Rozłączyłam się i wybiegłam z szatni. Dziewczyny zestresowane wyszły z szatni. Na holu zobaczyłam Tomka od razu zaczęłam krzyczeć:
-Wybudziła się! Dała radę! Ewa się obudziła!
Wpadłam w jego objęcia i od razu się rozpłakałam. Podszedł do mnie trener:
-Daria, Az tak cię cieszy ten sukces? Miło nam.
-Panie trenerze, cieszy mnie drugie miejsce w lidze ale moja siostra się wybudziła i to mnie cieszy.
-To cudowanie. Kiedy do niej jedziesz?
-Pewnie w nocy pociągiem pojedziemy. W domu prześpię się kilka godzin i ruszam do Warszawy.
-Pozdrów Ewę i rodziców ode mnie.
-Dobrze.
W szatni przebrałam się i po konferencji prasowej wróciłam do domu. Spakowaliśmy torby i po kolacji poszliśmy spać. Wstaliśmy o 4:30 rano i poszliśmy na dworzec PKP.  O 5:15 mieliśmy pociąg do stolicy.  Wybraliśmy ten środek transportu, ponieważ niewyspani na drodze stwarzalibyśmy zagrożenie dla siebie i innych. W klinice byliśmy popołudniu. Gdy weszłam do Sali i zobaczyłam Ewkę, która patrzyła na mnie z oczami pełnymi łez i miłości wzruszyłam się.
-Cześć kochana- przytuliłam ją.- Jak się czujesz?
-Cześć. Dobrze. A gdzie mój przyszły szwagier?
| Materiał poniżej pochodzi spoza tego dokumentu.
-- ===== src/Runtime/Deadline/Due.antt =====
-- deadline.rs: the batch of `fire_due_at`.
use easycon_sdk.Common.{
  ℕ, zero, suc, ◌+◌, ◌≤◌, ◌≡◌, ◌∙◌, sym, ◌⊎◌, inl, inr, refl, Option-cases, none, some, [], length,
  arith, ◌↔◌,
}
use easycon_sdk.Runtime.Table.{get, occurs, occurs-get}
use easycon_sdk.Runtime.Deadline.{
  entry_keys, ScheduledDeadline, DeadlineSchedulerState, prune_stale, Due, fire_turn, fire_loop,
  collect_due,
}
use easycon_sdk.Runtime.Deadline.Queue.{Sorted, HeadLive-prune, true-ne-false}
use easycon_sdk.Runtime.Deadline.Fire.{
  IsScheduled, prune_stale-IsScheduled, IsDue, Collecting, Finished, ends, goes_on, turns,
}

pub loop_step :
    (fuel now : ℕ) (s : DeadlineSchedulerState) (due : Due) (s' : DeadlineSchedulerState)
    (due' : Due)
    → fire_turn now s due ≡ some (s', due')
    → fire_loop (suc fuel) now s due ≡ fire_loop fuel now s' due'
unfolding fire_loop
loop_step fuel now s due s' due' e = rw (e, fire_loop) refl

pub loop_end :
    (fuel now : ℕ) (s : DeadlineSchedulerState) (due : Due)
    → fire_turn now s due ≡ none
    → fire_loop fuel now s due ≡ (s, due)
unfolding fire_loop
loop_end zero now s due e = refl
loop_end (suc fuel) now s due e = rw (e, fire_loop) refl

-- The loop ends by its own test, with a turn for each pair of the queue.
fire_loop-Collecting :
    (fuel now : ℕ) (first s : DeadlineSchedulerState) (due : Due)
    → length s.queue ≤ fuel
    → Collecting now first s due
    → Collecting now first (fire_loop fuel now s due).0 (fire_loop fuel now s due).1
      × Finished now (fire_loop fuel now s due).0
fire_loop-Collecting zero now first s due enough h = elim (turns now first s due h) [
  | ends stop done ↦ rw (loop_end zero now s due stop) (h, done)
  | goes_on s' due' go less h' ↦ absurd (omega arith)
]
fire_loop-Collecting (suc fuel) now first s due enough h = elim (turns now first s due h) [
  | ends stop done ↦ rw (loop_end (suc fuel) now s due stop) (h, done)
  | goes_on s' due' go less h' ↦
      rw (loop_step fuel now s due s' due' go)
        (fire_loop-Collecting fuel now first s' due' (omega arith) h')
]

-- A batch and the state that it leaves.
pub record Fires (now : ℕ) (s s' : DeadlineSchedulerState) (due : Due) : Type 0 where
  pub fires_due :
      (k : ℕ) (e : ScheduledDeadline)
      → get k s.entries ≡ some e
      → (get k due ≡ some e) ↔ IsDue now s.pending k e
  pub in_order : Sorted (entry_keys due)
  pub leaves : (k : ℕ) → occurs k s'.entries + occurs k due ≡ occurs k s.entries
  pub rest_same : (k : ℕ) → get k s'.entries ≡ none ⊎ get k s'.entries ≡ get k s.entries
  pub keeps_pending : s'.pending ≡ s.pending
  pub keeps_admission : s'.admission_open ≡ s.admission_open
  pub stays : IsScheduled s'

module _ (now : ℕ) (s s' : DeadlineSchedulerState) (due : Due) (v : IsScheduled s)
    (h : Collecting now s s' due) (done : Finished now s') where
  still_there :
      (k : ℕ) (e : ScheduledDeadline)
      → get k s.entries ≡ some e
      → get k due ≡ none
      → get k s'.entries ≡ some e
  still_there k e found missing = ground (
    arith,
    h.counted k,
    h.kept k,
    v.unique k,
    occurs-get k due,
    occurs-get k s.entries (v.unique k),
    occurs-get k s'.entries,
  )

  is_fired :
      (k : ℕ) (e : ScheduledDeadline)
      → get k s.entries ≡ some e
      → IsDue now s.pending k e
      → get k due ≡ some e
  is_fired k e found (late, clear) = elim (Option-cases (get k due)) [
    | inr (d, taken) ↦ ground (arith, h.all_due k d)
    | inl missing ↦
        let blocked = done k e (still_there k e found missing) late in
        absurd (true-ne-false (sym blocked ∙ (rw h.same_pending clear)))
  ]

  collecting_Fires : Fires now s s' due
  collecting_Fires = record {
    fires_due = λ k e found. ((λ taken. (h.all_due k e taken).1), is_fired k e found);
    in_order = h.rising;
    leaves = h.counted;
    rest_same = h.kept;
    keeps_pending = h.same_pending;
    keeps_admission = h.same_admission;
    stays = h.scheduled;
  }

start : (now : ℕ) (s : DeadlineSchedulerState) → IsScheduled s → Collecting now s (prune_stale s) []
unfolding prune_stale
start now s v = record {
  scheduled = unfold prune_stale in prune_stale-IsScheduled s v;
  head_live = HeadLive-prune s.entries s.queue;
  same_pending = refl;
  same_admission = refl;
  counted = λ k. omega arith;
  kept = λ k. inr refl;
  all_due = λ k e found. ground arith;
  rising = tt;
  before = tt;
}

-- `fire_due_at` takes exactly the entries that are due and come before all pending ones that are due,
-- in the order of targets and ids, and leaves the others as they are.
pub collect_due-Fires :
    (now : ℕ) (s : DeadlineSchedulerState)
    → IsScheduled s
    → Fires now s (collect_due s now).0 (collect_due s now).1
collect_due-Fires now s v =
    let s' = prune_stale s in
    let (h, done) =
      fire_loop-Collecting (length s'.queue) now s s' [] (omega arith) (start now s v) in
    let fires =
      collecting_Fires now s (fire_loop (length s'.queue) now s' []).0
        (fire_loop (length s'.queue) now s' []).1 v h done in
    unfold collect_due in fires
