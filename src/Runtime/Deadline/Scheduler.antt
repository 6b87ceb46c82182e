-- ===== src/Runtime/Deadline/Scheduler.antt =====
-- deadline.rs: registrations, the worker, owners and a close as interleaved critical sections. What one
-- of them takes off the scheduler is handed over to its thread, which resolves the signals afterwards.
use easycon_sdk.Common.{
  ℕ, ◌+◌, ◌==◌, Bool, true, false, Option, none, some, List, [], ◌∷◌, ◌++◌, if◌then◌else◌,
}
use easycon_sdk.Runtime.Table.{get, remove}
use easycon_sdk.Runtime.Deadline.{
  DeadlineResolution, fired, disarmed, runtime_closed, DeadlineResolutionState, armed,
  commit_resolution, DeadlineSchedulerState, new_scheduler_state, fetch_add, reserve_pending,
  commit_reservation, abandon_reservation, seal_admission, Due, collect_due, next_target_ns, drain,
  disarm_entry,
}

-- The scheduler with the signals of all registrations; the ids that were taken but are not admitted yet,
-- those that were refused or abandoned, and the signals that were handed over; how often a signal
-- was found resolved, and whether a counter has overflown.
pub record DeadlineScheduler : Type 0 where
  pub next_id : ℕ
  pub next_resolution_order : ℕ
  pub state : DeadlineSchedulerState
  pub signals : ℕ → DeadlineResolutionState
  pub reserving : List (ℕ × ℕ)
  pub turned_down : List (ℕ × ℕ)
  pub handed : List (ℕ × DeadlineResolution)
  pub found_resolved : ℕ
  pub overflown : Bool

-- `DeadlineScheduler::new`.
abbrev pub new_scheduler : DeadlineScheduler
new_scheduler = record {
  next_id = 1;
  next_resolution_order = 1;
  state = new_scheduler_state;
  signals = λ k. armed;
  reserving = [];
  turned_down = [];
  handed = [];
  found_resolved = 0;
  overflown = false;
}

abbrev pub set_signal :
    (ℕ → DeadlineResolutionState) → ℕ → DeadlineResolutionState → ℕ → DeadlineResolutionState
set_signal signals k s j = if j == k then s else signals j

pub data Call : Type 0 where
  take_id : (target_ns : ℕ) → Call
  admit : (id : ℕ) → Call
  commit_one : (id trace_id : ℕ) → Call
  abandon_one : (id : ℕ) → Call
  fire_one : (now_ns : ℕ) → Call
  disarm_one : (id : ℕ) → Call
  resolve_one : (id : ℕ) → Call
  seal_one drain_one ask_next : Call

abbrev taken_id : DeadlineScheduler → ℕ → ℕ × Option ℕ → DeadlineScheduler
taken_id w target_ns (next, none) = record w { next_id = next; overflown = true }
taken_id w target_ns (next, some id) = record w {
  next_id = next;
  reserving = (id, target_ns) ∷ w.reserving;
}

abbrev admitted : DeadlineScheduler → ℕ → ℕ → Option DeadlineSchedulerState → DeadlineScheduler
admitted w id target_ns none = record w { turned_down = (id, target_ns) ∷ w.turned_down }
admitted w id target_ns (some s) = record w { state = s }

-- `reserve` is two sections: the id is taken first, and then the lock.
abbrev admit_found : DeadlineScheduler → ℕ → Option ℕ → DeadlineScheduler
admit_found w id none = w
admit_found w id (some target_ns) =
    admitted (record w { reserving = remove id w.reserving }) id target_ns
      (reserve_pending w.state id target_ns)

abbrev abandoned : DeadlineScheduler → ℕ → DeadlineSchedulerState × Bool → DeadlineScheduler
abandoned w id (s, removed) =
    if removed
    then record w { state = s; turned_down = (id, 0) ∷ w.turned_down }
    else record w { state = s }

abbrev pub tag_due : DeadlineResolution → Due → List (ℕ × DeadlineResolution)
tag_due r [] = []
tag_due r ((i, e) ∷ due) = (i, r) ∷ tag_due r due

abbrev pub tag_keys : DeadlineResolution → List (ℕ × ℕ) → List (ℕ × DeadlineResolution)
tag_keys r [] = []
tag_keys r ((t, i) ∷ keys) = (i, r) ∷ tag_keys r keys

abbrev handed_over :
    DeadlineScheduler → DeadlineSchedulerState → List (ℕ × DeadlineResolution) → DeadlineScheduler
handed_over w s more = record w { state = s; handed = w.handed ++ more }

abbrev disarmed_one : DeadlineScheduler → ℕ → DeadlineSchedulerState × Bool → DeadlineScheduler
disarmed_one w id (s, removed) = handed_over w s (if removed then (id, disarmed) ∷ [] else [])

abbrev told :
    DeadlineScheduler → ℕ → DeadlineResolutionState × Option (Option ℕ) → DeadlineScheduler
told w id (s, none) = record w {
  signals = set_signal w.signals id s;
  found_resolved = w.found_resolved + 1;
}
told w id (s, some waker) = record w { signals = set_signal w.signals id s }

abbrev ordered : DeadlineScheduler → ℕ → DeadlineResolution → ℕ × Option ℕ → DeadlineScheduler
ordered w id r (next, none) = record w { next_resolution_order = next; overflown = true }
ordered w id r (next, some order) =
    told (record w { next_resolution_order = next }) id
      (commit_resolution (w.signals id) (record { resolution = r; order = order }))

-- `commit_signal`.
unfoldable pub commit_signal : DeadlineScheduler → ℕ → DeadlineResolution → DeadlineScheduler
unfolding commit_resolution fetch_add
commit_signal w id r = ordered w id r (fetch_add w.next_resolution_order)

abbrev resolve_found : DeadlineScheduler → ℕ → Option DeadlineResolution → DeadlineScheduler
resolve_found w id none = w
resolve_found w id (some r) = commit_signal (record w { handed = remove id w.handed }) id r

unfoldable pub step : Call → DeadlineScheduler → DeadlineScheduler
unfolding fetch_add reserve_pending commit_reservation abandon_reservation disarm_entry drain
    commit_signal next_target_ns
step (take_id target_ns) w = taken_id w target_ns (fetch_add w.next_id)
step (admit id) w = admit_found w id (get id w.reserving)
step (commit_one id trace_id) w = record w { state = (commit_reservation w.state id trace_id).0 }
step (abandon_one id) w = abandoned w id (abandon_reservation w.state id)
step (fire_one now_ns) w =
    let (s, due) = collect_due w.state now_ns in handed_over w s (tag_due fired due)
step (disarm_one id) w = disarmed_one w id (disarm_entry w.state id)
step (resolve_one id) w = resolve_found w id (get id w.handed)
step seal_one w = record w { state = seal_admission w.state }
step drain_one w = let (s, keys) = drain w.state in handed_over w s (tag_keys runtime_closed keys)
step ask_next w = record w { state = (next_target_ns w.state).0 }

unfoldable pub run : List Call → DeadlineScheduler → DeadlineScheduler
run [] w = w
run (c ∷ calls) w = run calls (step c w)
-Przed salą. Później do ciebie wejdzie.
-Kiedy ślub? A w ogóle to jak z kadrą kiedy jedziesz do Szczyrku. O ile dobrze pamiętam to po majówce?
-Już ci mama powiedziała?
-Co ja?- wtrąciła się mama.- O czym jej powiedziałam?
-O zgrupowaniu.
-Daria, to nie rodzice. Ty mi to mówiłaś. Jak u mnie byłaś.
-Słyszałaś co mówiłam?
-Wszystko. Cieszę się, że mówiłaś do mnie o wszystkim. Dzięki temu wiem co i jak. To jak z tym ślubem?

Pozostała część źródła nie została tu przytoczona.